There were a few repertoire choices that I thought were a bit ill advised, but the slightly unsatisfactory deliveries may also have been nerves rather than that the singer was overfaced by her material. And there were a few real jaw-droppers. The girl who won looks about twelve. She came quietly out and announced her pieces with perfect self-possession but no particular panache . . . and then started to sing. Big major yeeeeep.††† Golly she was good. She was one of the first, and was instantly one to beat. And then as it happens the last song by the last performer was the other real jaw-dropper, Cherubino from the Marriage of Figaro raving about love. She sang it with exactly the right wildness for the adolescent male‡, but it was also the most fully realised complete performance: an ordinary teenage girl in a nice party dress suddenly transformed into a lust-maddened teenage boy. It was extraordinary. She came second. The girl who came first was probably the more polished performance but this last babe had passion.‡‡
And I got a lot of knitting done. I really am going to have a pair of leg warmers by next autumn.‡‡‡ Possibly conceivably just-believably even two pairs.§
* * *
* I admit I’ve never heard him in public before. But he knocks the back wall of the kitchen out when he sings here. His voice has got amazing over the last few years. I remember him as starting out a perfectly nice light tenor and he says he’s still a tenor but I’d call him a baritone. He’s got the baritone boooom at the bottom of his range, although he says it’s the top end that’s stretching. Well, I bet the bottom end will stretch too. Or maybe he’s just going to grow up to be one of the heldentenors of our time. Unfortunately he’s not the least interested in opera and unless he has a voice teacher at some point who wakes him up to the glories of the operatic repertoire I think we’ll lose him to the West End. Feh.

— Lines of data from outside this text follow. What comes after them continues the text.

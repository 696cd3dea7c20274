-- ===== src/Registry/Attested.antt =====
-- The registry is read back from its dictionary, and an attestation is for one registry.
use autonomy_harbor.Base.{
  ◌≡◌, ◌↔◌, refl, String, true, Option, some, List, [], ◌∷◌, arith, eq_refl, ok, Result-cases,
  upper, inl, inr, lookup,
}
use autonomy_harbor.Json.{obj, strs, get, json_eq, items_eq}
use autonomy_harbor.Platform.{Platform, text_of}
use autonomy_harbor.Models.{
  CapabilityGrant, CapabilityRegistry, Verdict, allow, review, deny, other, verdict_text,
  make_grant, parse_effect,
}
use autonomy_harbor.Signer.{Signer, TrustStore, TrustedSigner, key_id, public_key_b64}
use autonomy_harbor.Envelope.{SignedEnvelope}
use autonomy_harbor.Envelope.Verify.{role_in}
use autonomy_harbor.Envelope.Verified.{
  IsVerified, verify_envelope_iff, payload-sign_payload, sign_payload-IsVerified,
}
use autonomy_harbor.Authorizer.{each_text}
use autonomy_harbor.Authorizer.Facts.{texts_of-strs}
use autonomy_harbor.Registry.{
  grant_view, grant_views, sorted_grants, registry_dict, capability_registry_payload,
  grant_from_dict, grants_from, grants_of, registry_from_dict, attest_capability_registry,
  verify_capability_registry_attestation,
}

-- The constructor makes this grant of its fields.
abbrev pub IsMade : CapabilityGrant → Type 0
IsMade g =
    make_grant g.grant_id g.capability (verdict_text g.effect) g.actions g.resources g.issued_by
      g.note
    ≡ ok g

abbrev pub AllMade : List CapabilityGrant → Type 0
AllMade [] = Unit
AllMade (g ∷ gs) = IsMade g × AllMade gs

parse_effect-verdict_text :
    (effect : String) (v : Verdict)
    → parse_effect effect ≡ ok v
    → parse_effect (verdict_text v) ≡ ok v
unfolding parse_effect upper
parse_effect-verdict_text effect allow h = refl
parse_effect-verdict_text effect review h = refl
parse_effect-verdict_text effect deny h = refl
parse_effect-verdict_text effect (other t) h = absurd (ground arith)

-- What the constructor has made, it makes again of the grant's own fields.
pub make_grant-IsMade :
    (grant_id capability effect : String) (actions resources : List String)
    (issued_by note : String) (g : CapabilityGrant)
    → make_grant grant_id capability effect actions resources issued_by note ≡ ok g
    → IsMade g
unfolding make_grant
make_grant-IsMade grant_id capability effect actions resources issued_by note g h =
    elim (Result-cases (parse_effect effect)) [
      | inr (e, bad) ↦ absurd (ground arith)
      | inl (v, good) ↦ ground (arith, good, parse_effect-verdict_text effect v good)
    ]

module _ ⦃p : Platform⦄ where
  grant_from_dict-grant_view :
      (g : CapabilityGrant) → IsMade g → grant_from_dict (obj (grant_view g)) ≡ ok g
  unfolding grant_from_dict grant_view each_text text_of get
  grant_from_dict-grant_view g made = rw (texts_of-strs g.actions, texts_of-strs g.resources) made

  grants_from-grant_views :
      (gs : List CapabilityGrant) → AllMade gs → grants_from (grant_views gs) ≡ ok gs
  unfolding grants_from grant_views
  grants_from-grant_views [] made = refl
  grants_from-grant_views (g ∷ gs) made =
      rw (grant_from_dict-grant_view g made.0, grants_from-grant_views gs made.1) refl

  -- A registry whose grants the constructor has made is read back from its dictionary unchanged.
  pub registry_from_dict-registry_dict :
      (r : CapabilityRegistry) → AllMade r.grants → registry_from_dict (registry_dict r) ≡ ok r
  unfolding registry_from_dict registry_dict grants_of text_of get
  registry_from_dict-registry_dict r made = rw (grants_from-grant_views r.grants made) refl

strs_refl : (ts : List String) → items_eq (strs ts) (strs ts) ≡ true
unfolding json_eq
strs_refl [] = refl
strs_refl (t ∷ ts) = ground (arith, eq_refl t, strs_refl ts)

grant_views_refl : (gs : List CapabilityGrant) → items_eq (grant_views gs) (grant_views gs) ≡ true
unfolding grant_views grant_view json_eq get
grant_views_refl [] = refl
grant_views_refl (g ∷ gs) = ground (
  arith,
  eq_refl g.grant_id,
  eq_refl g.capability,
  eq_refl (verdict_text g.effect),
  eq_refl g.issued_by,
  eq_refl g.note,
  strs_refl g.actions,
  strs_refl g.resources,
  grant_views_refl gs,
)

payload_refl :
    (r : CapabilityRegistry)
    → json_eq (obj (capability_registry_payload r)) (obj (capability_registry_payload r)) ≡ true
unfolding capability_registry_payload json_eq get
payload_refl r =
    ground (arith, eq_refl r.registry_id, eq_refl r.version, grant_views_refl (sorted_grants r))

module _ ⦃p : Platform⦄ where
  -- An attestation is accepted for a registry exactly when the envelope is verified for a capability
  -- authority and a registry, and its payload equals the snapshot of that registry.
  pub verify_capability_registry_attestation_iff :
      (r : CapabilityRegistry) (e : SignedEnvelope) (store : TrustStore)
      → ((verify_capability_registry_attestation r e store).ok ≡ true) ↔ (
          IsVerified e store (some "capability_authority") (some "capability_registry")
          × (json_eq (obj e.payload) (obj (capability_registry_payload r)) ≡ true))
  unfolding verify_capability_registry_attestation
  verify_capability_registry_attestation_iff r e store =
      let verified =
        verify_envelope_iff e store (some "capability_authority") (some "capability_registry") in
      (
        λ h. (verified.0 (ground arith), ground arith),
        λ (v, same). let good = verified.1 v in ground (arith, good, same),
      )

  -- An attestation of a registry is accepted for that registry by every store that trusts the
  -- signer's key and subject as a capability authority.
  pub attest_capability_registry-accepted :
      (r : CapabilityRegistry) (signer : Signer) (signed_at : String) (previous : Option String)
      (e : SignedEnvelope) (store : TrustStore) (trusted : TrustedSigner)
      → attest_capability_registry r signer signed_at previous ≡ ok e
      → lookup (key_id signer) store ≡ some trusted
      → trusted.status ≡ "ACTIVE"
      → trusted.subject ≡ signer.subject
      → trusted.public_key_b64 ≡ public_key_b64 signer
      → role_in (some "capability_authority") trusted.roles ≡ true
      → (verify_capability_registry_attestation r e store).ok ≡ true
  unfolding verify_capability_registry_attestation attest_capability_registry
  attest_capability_registry-accepted r signer signed_at previous e store trusted made known active
        subject key role =
      let verified =
        sign_payload-IsVerified "capability_registry" (capability_registry_payload r) signer
          previous signed_at e store trusted (some "capability_authority") made known active subject
          key role in
      let same =
        payload-sign_payload "capability_registry" (capability_registry_payload r) signer previous
          signed_at e made in
      ground (arith, verified, same, payload_refl r)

** My gods. The Jaguar. Yeep. I don’t ride in fancy cars all that often and I forget. The sensation of gliding rather than sitting in something with mere wheels. The way you are forced back into the leather upholstery if your driver decides to pass some mere vehicle.
Caligula
What sort of Jag was it?
I haven’t the faintest idea and they didn’t know. (It originally belonged to Saxon’s dad.) I did ask.^ Georgiana said that it’s a Sovereign, and I can tell you that it’s the xj type, but in the great hierarchy of Jags I haven’t the slightest.^^ I’d be surprised if it was more than about ten years old, but then Jags age well. But speaking of charisma. . . .
^ I said someone on the blog wanted to know. Most of the members of the immediate clan are aware of my curious nighttime activity.
^^ Slatey blue-grey with creamy leather insides. You want to have brushed hair and clean fingernails when you sit in it. Hellhounds need not apply.
*** Okay, here’s an oddity that perhaps some music teacher out there can explain. There was one cello and one violoncelle—I don’t even know what a violoncelle^ is and it’s the one person we missed—and everything else you blew into, and all but one were winds. The one blowing-into that wasn’t, was a euphonium, which I wouldn’t have been able to describe to you either, but I can tell you now it’s a bit like a big rectangular French horn and has similar big fat scary notes and I have no idea how he managed to get so many of them out of the thing so accurately. The rest were three flutes, a clarinet and a very snazzy recorder. No violinists? No pianists?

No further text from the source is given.